Sampled for the stabilometric model tests were the 16-24-year-old complex coordination sports athletes (n=89, 42.7% female and 57.3% male sample) competing in sailing (n=15), rock climbing (n=14), snowboarding (n=19 including 8 hearing-impaired individuals); biathlon (n=16); and speed-strength intensive track and field sports (n=25, including 9 visually impaired individuals) having 3-5-year basic sports experiences.

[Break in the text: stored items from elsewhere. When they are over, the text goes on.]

-- ===== src/Lib.antt =====
-- The Game Server: an authoritative server of a game of cells, in C++ over Boost.Asio.
--
-- Parts and how they interact. A `Session` (src/Session.cpp) carries the packets of a client; the
-- `Application` gives them to a `Room` (src/Room.cpp). A room owns cells (src/entity) and players
-- (src/Player.cpp), numbers its cells by a pool (src/NextId.cpp), finds which cells meet by a map cut into
-- sectors (src/Gridmap.cpp), and tells its sessions what happened by packets (src/OutgoingPacket.cpp) in
-- the byte order of src/serialization.hpp. Cells report their deaths, motions and changes of mass by
-- events, which the room handles one after the other.
--
-- Which file models what:
--   NextId            src/NextId.hpp, src/NextId.cpp: `push`, `pop`.
--   Wire              src/serialization.hpp: `serialize`, `deserialize` for numbers, strings and floats.
--   OutgoingPacket    src/OutgoingPacket.cpp: one function per serializer. Decoding is a client's reader.
--   Geometry          src/geometry: vectors, boxes, circles and their tests.
--   Config            src/Config.hpp: the configuration of a room.
--   Transport         src/Session.cpp: the send queue, `doSend`, `doWrite`, `onWrite`, `doClose`, `onClose`.
--   Entity            src/entity/Cell.hpp: the state of a cell; a class of cells is a kind. Mass, motion and
--                     `format` of src/entity/Cell.cpp (Motion), and a client's reader of a cell (Format).
--   Player            src/Player.hpp: the state of a player, and the order of src/Player.cpp.
--   Gridmap           src/Gridmap.cpp: the map (Gridmap), `insert`, `update`, `erase` (Cells), `query`,
--                     `count` (Search).
--   Registries        src/Room.cpp: the creation of cells (Registries), the handlers of their events and
--                     `synchronize` (Events), `resolveCellPosition` and the activation of new cells
--                     (Activation).
--   Standings         src/Room.cpp: the leaderboard and the fighters, with the dead that `synchronize` erases.
--   Audience          src/Room.cpp, `doJoin` to `doChatMessage`, with the sessions of src/Player.cpp and the
--                     data of a session of src/Session.hpp: the pointers and the sending (Audience), the
--                     requests (Requests).
--   Dispatch          src/Application.cpp: the loop of `sessionMessageHandler` and what its actions read.
--   World             What cells and players share: the room's registries, its sessions and players, the
--                     timers of a player, the handlers posted to the two contexts of src/EventEmitter.hpp.
--   Entity/Avatars    src/entity/Avatar.cpp: what an avatar has beyond a cell.
--   Interaction       src/entity: the effect of each pair of classes (Pairs), the double dispatch and the
--                     handler of the query in `Room::update` (Dispatch).
--   Contexts          src/Room.cpp: `m_gameContext.run()` and `m_deathContext.run()` with the handlers of
--                     the cells' events, and the explosion of src/entity/Mother.cpp.
--   Updates           src/Room.cpp: `update` with `handlePlayerRequests`, and `synchronize`; `recombine` of
--                     src/Player.cpp.
--   Lives             src/Player.cpp: respawn, avatars, death (Lives), `split` and `eject` (Orders),
--                     deflation, annihilation and explosion (Ageing), `doPlay` of src/Room.cpp (Playing).
--   Spawning          src/Room.cpp: `getRandomPosition` (with what it gives in Places), the generators,
--                     `killExpiredCells`, and the count of food near the mothers (Nearby).
--   Bots              src/Bot.cpp: respawn, pursuit and the choice of a target.
--   Users             src/User.cpp, src/UsersCache.cpp: the cache of users over a database.
--   Timers            src/Timer.cpp, src/EventEmitter.hpp, and the timers of a room.
--   Rooms             src/RoomManager.cpp: `start`, `stop`, `obtain`, `size`.
--   Base, Counting    What the others share: tests, lists, integers, options, the arithmetic of floats.
--   Tests             The theorems at concrete inputs.
--
-- Conventions. A pointer is a number, memory a function from numbers. An exception, an assertion
-- that fails, and what is undefined in the language, is `none`; but where the explosions divide by a
-- mass of the configuration, it is taken to be positive. The assertions on the corners of a circle
-- that moves on the map are left out. `float` and `double` are a parameter `F` with the operations
-- of Base/Float; what a theorem needs of them is a named hypothesis, and Base/Fixed is an arithmetic
-- in which the hypotheses hold. Sets are lists without repetition, so that an order of iteration
-- stands for the order of addresses. Loops are structural recursion on the list that they go
-- through, but for three. The fuel of the loop over messages is enough when it is the length of the
-- buffer. The fuel of the game's context is the weight of its handlers: a mother that explodes posts
-- as many changes of mass as it has parts, which are too light to explode. The fuel of the creation
-- of a user is the number of tokens tried, and what is out of fuel is `none`. `M_PI`, `sin`, `cos`,
-- the clock, the allocator and the random numbers are the parameter `Host` of World; the database of
-- users is a parameter of Users. Whether the users give a user to a greeting is a parameter of
-- Dispatch. Handlers are total steps on a state, and interleavings are lists of events or the
-- relation `Reaches`. The bounds: a room's width and height are from 1 to 2 ^ 24, where `float` is
-- exact; a pool hands out fewer than 2 ^ 32 numbers.
--
-- Not modelled. The network, threads and the database (src/Listener.cpp, src/IOThreadPool.cpp,
-- src/HttpClient.cpp, src/MySQLConnectionPool.cpp) are calls of libraries. The actions of
-- src/Application.cpp after they have read their message, `synchronize` of src/Player.cpp with its
-- packets, `createBots` and `recalculateFreeSpace` of src/Room.cpp, the timers of src/Bot.cpp,
-- `save` of src/UsersCache.cpp and the reading of src/Config.cpp are not part of this library yet.
pub mod Base
pub mod Counting
pub mod NextId
pub mod Wire
pub mod World
pub mod Interaction
pub mod Lives
pub mod Contexts
pub mod Updates
pub mod Bots
pub mod Rooms
pub mod Timers
pub mod Spawning
pub mod Users
pub mod Geometry
pub mod Config
pub mod Player
pub mod OutgoingPacket
pub mod Transport
pub mod Entity
pub mod Gridmap
pub mod Registries
pub mod Standings
pub mod Audience
pub mod Dispatch
pub mod Tests
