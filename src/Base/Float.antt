-- ===== src/Base/Float.antt =====
-- The arithmetic of `float` and `double`, which the language gives. One carrier stands for both, so
-- the conversions between them are not written. The operations are a parameter of the model; a theorem
-- that needs a law of them names it.
use Prim.Native.Nat.{ℕ}
use mathlib.Core.Bool.{Bool, not}

pub record Float (F : Type 0) : Type 0 where
  -- A literal: the first number over the second.
  pub literal : ℕ → ℕ → F
  pub of_ℕ : ℕ → F
  pub add : F → F → F
  pub sub : F → F → F
  pub mul : F → F → F
  pub div : F → F → F
  pub neg : F → F
  pub sqrt : F → F
  pub le : F → F → Bool
  pub lt : F → F → Bool
  pub eq : F → F → Bool
  -- `static_cast<uint32_t>`, which drops the fraction.
  pub to_ℕ : F → ℕ
  -- The 32 bits of the representation.
  pub bits : F → ℕ

infixl 65 ◌+F◌ ◌-F◌
infixl 70 ◌*F◌ ◌/F◌
module _ {F : Type 0} ⦃f : Float F⦄ where
  abbrev pub ◌+F◌ : F → F → F
  ◌+F◌ = f.add

  abbrev pub ◌-F◌ : F → F → F
  ◌-F◌ = f.sub

  abbrev pub ◌*F◌ : F → F → F
  ◌*F◌ = f.mul

  abbrev pub ◌/F◌ : F → F → F
  ◌/F◌ = f.div

  abbrev pub of_ℕ : ℕ → F
  of_ℕ = f.of_ℕ

  abbrev pub zero_f : F
  zero_f = f.of_ℕ 0

  -- `!=`
  abbrev pub ne_f : F → F → Bool
  ne_f a b = not (f.eq a b)
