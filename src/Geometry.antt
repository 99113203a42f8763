-- ===== src/Geometry.antt =====
-- src/geometry/Vec2D.cpp, AABB.cpp, Circle.hpp and geometry.cpp.
pub mod Intersection
pub mod Vectors
use the_game_server.Base.{ℕ, Bool, true, false, not, ◌&&◌, ◌||◌, if◌then◌else◌}
use the_game_server.Base.Float.{Float, ◌+F◌, ◌-F◌, ◌*F◌, ◌/F◌, zero_f, ne_f}

pub record Vec2D (F : Type 0) : Type 0 where
  pub x : F
  pub y : F

pub record Aabb (F : Type 0) : Type 0 where
  pub a : Vec2D F
  pub b : Vec2D F

pub record Circle (F : Type 0) : Type 0 where
  pub position : Vec2D F
  pub radius : F

abbrev pub vec : {F : Type 0} → F → F → Vec2D F
vec x y = record { x = x; y = y }

module _ {F : Type 0} ⦃f : Float F⦄ where
  -- `Vec2D::zero`
  abbrev pub zero_vec : Vec2D F
  zero_vec = vec zero_f zero_f

  infixl 65 ◌+V◌ ◌-V◌
  infixl 70 ◌*V◌ ◌/V◌
  unfoldable pub ◌+V◌ : Vec2D F → Vec2D F → Vec2D F
  u +V v = vec (u.x +F v.x) (u.y +F v.y)

  unfoldable pub ◌-V◌ : Vec2D F → Vec2D F → Vec2D F
  u -V v = vec (u.x -F v.x) (u.y -F v.y)

  unfoldable pub neg_vec : Vec2D F → Vec2D F
  neg_vec v = vec (f.neg v.x) (f.neg v.y)

  -- The scalar product.
  unfoldable pub dot : Vec2D F → Vec2D F → F
  dot u v = u.x *F v.x +F u.y *F v.y

  unfoldable pub ◌*V◌ : Vec2D F → F → Vec2D F
  v *V k = vec (v.x *F k) (v.y *F k)

  unfoldable pub ◌/V◌ : Vec2D F → F → Vec2D F
  v /V k = vec (v.x /F k) (v.y /F k)

  -- `operator bool`
  unfoldable pub is_nonzero : Vec2D F → Bool
  is_nonzero v = ne_f v.x zero_f || ne_f v.y zero_f

  unfoldable pub equal : Vec2D F → Vec2D F → Bool
  equal u v = f.eq u.x v.x && f.eq u.y v.y

  -- `operator<`, and `operator>` with its arguments swapped.
  unfoldable pub before : Vec2D F → Vec2D F → Bool
  before u v = f.lt u.x v.x || (f.eq u.x v.x && f.lt u.y v.y)

  unfoldable pub square_length : Vec2D F → F
  square_length v = v.x *F v.x +F v.y *F v.y

  unfoldable pub vec_length : Vec2D F → F
  unfolding square_length
  vec_length v = f.sqrt (square_length v)

  unfoldable pub normalize : Vec2D F → Vec2D F
  unfolding vec_length
  normalize v = let l = vec_length v in if f.lt zero_f l then vec (v.x /F l) (v.y /F l) else v

  unfoldable pub direction : Vec2D F → Vec2D F
  unfolding normalize
  direction v = normalize v

  -- `AABB::normalize`
  unfoldable pub normalize_box : Aabb F → Aabb F
  normalize_box box = record {
    a = vec (if f.lt b.x a.x then b.x else a.x) (if f.lt b.y a.y then b.y else a.y);
    b = vec (if f.lt b.x a.x then a.x else b.x) (if f.lt b.y a.y then a.y else b.y);
  }
    where
      open box use {a, b}

  unfoldable pub translate : Aabb F → Vec2D F → Aabb F
  unfolding ◌+V◌
  translate box point = record { a = box.a +V point; b = box.b +V point }

  unfoldable pub contain : Aabb F → Vec2D F → Bool
  contain box p = f.le box.a.x p.x && f.le p.x box.b.x && f.le box.a.y p.y && f.le p.y box.b.y

  unfoldable pub width : Aabb F → F
  width box = box.b.x -F box.a.x

  unfoldable pub height : Aabb F → F
  height box = box.b.y -F box.a.y

  unfoldable pub square_distance : Vec2D F → Vec2D F → F
  square_distance p q = let a = p.x -F q.x in let b = p.y -F q.y in a *F a +F b *F b

  unfoldable pub distance : Vec2D F → Vec2D F → F
  distance p q = let a = p.x -F q.x in let b = p.y -F q.y in f.sqrt (a *F a +F b *F b)

  -- The overloads of `intersects`.
  unfoldable pub circle_intersects_point : Circle F → Vec2D F → Bool
  circle_intersects_point circle p =
      let a = p.x -F circle.position.x in
      let b = p.y -F circle.position.y in f.le (a *F a +F b *F b) (circle.radius *F circle.radius)

  unfoldable pub circles_intersect : Circle F → Circle F → Bool
  unfolding square_distance
  circles_intersect c d =
      f.le (square_distance c.position d.position)
        ((c.radius +F d.radius) *F (c.radius +F d.radius))

  unfoldable pub box_intersects_point : Aabb F → Vec2D F → Bool
  box_intersects_point box p =
      f.le box.a.x p.x && f.le p.x box.b.x && f.le box.a.y p.y && f.le p.y box.b.y

  unfoldable pub box_intersects_circle : Aabb F → Circle F → Bool
  box_intersects_circle box circle =
      if f.lt c.x box.a.x
      then if f.lt circle.radius (box.a.x -F c.x)
        then false
        else if f.lt c.y box.a.y
        then f.le (box.a.y -F c.y) circle.radius
        else if f.lt box.b.y c.y
        then f.le (c.y -F box.b.y) circle.radius
        else true
      else if f.lt box.b.x c.x
      then if f.lt circle.radius (c.x -F box.b.x)
        then false
        else if f.lt c.y box.a.y
        then f.le (box.a.y -F c.y) circle.radius
        else if f.lt box.b.y c.y
        then f.le (c.y -F box.b.y) circle.radius
        else true
      else if f.lt c.y box.a.y
      then f.le (box.a.y -F c.y) circle.radius
      else if f.lt box.b.y c.y
      then f.le (c.y -F box.b.y) circle.radius
      else true
    where
      open circle use {position as c}

  unfoldable pub circles_overlap_within_distance : Circle F → Circle F → F → Bool
  unfolding square_distance
  circles_overlap_within_distance c d inclusion_distance =
      let min_distance = c.radius +F d.radius -F inclusion_distance in
      if f.lt min_distance zero_f
      then false
      else f.lt (square_distance c.position d.position) (min_distance *F min_distance)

Results and conclusions. The results of the stubilometric study in complex coordination sports (on the example of sailing, climbing, snowboarding, double-event, speed-strength disciplines of track and field athletics) proved the appropriateness of this method. In the stabilometric test with the open eyes, regardless of the kind of sport, health restraints, and gender, the examined athletes were found to have either no or mild stabilometric disorders in the basic training period. In snowboarding and double-event, as well as in climbing and sailing, the static component of the coordination structure of the athletes' motor activity was found to be the most stable. In the test with eyes closed, the individual ability of each athlete to maintain balance was assessed.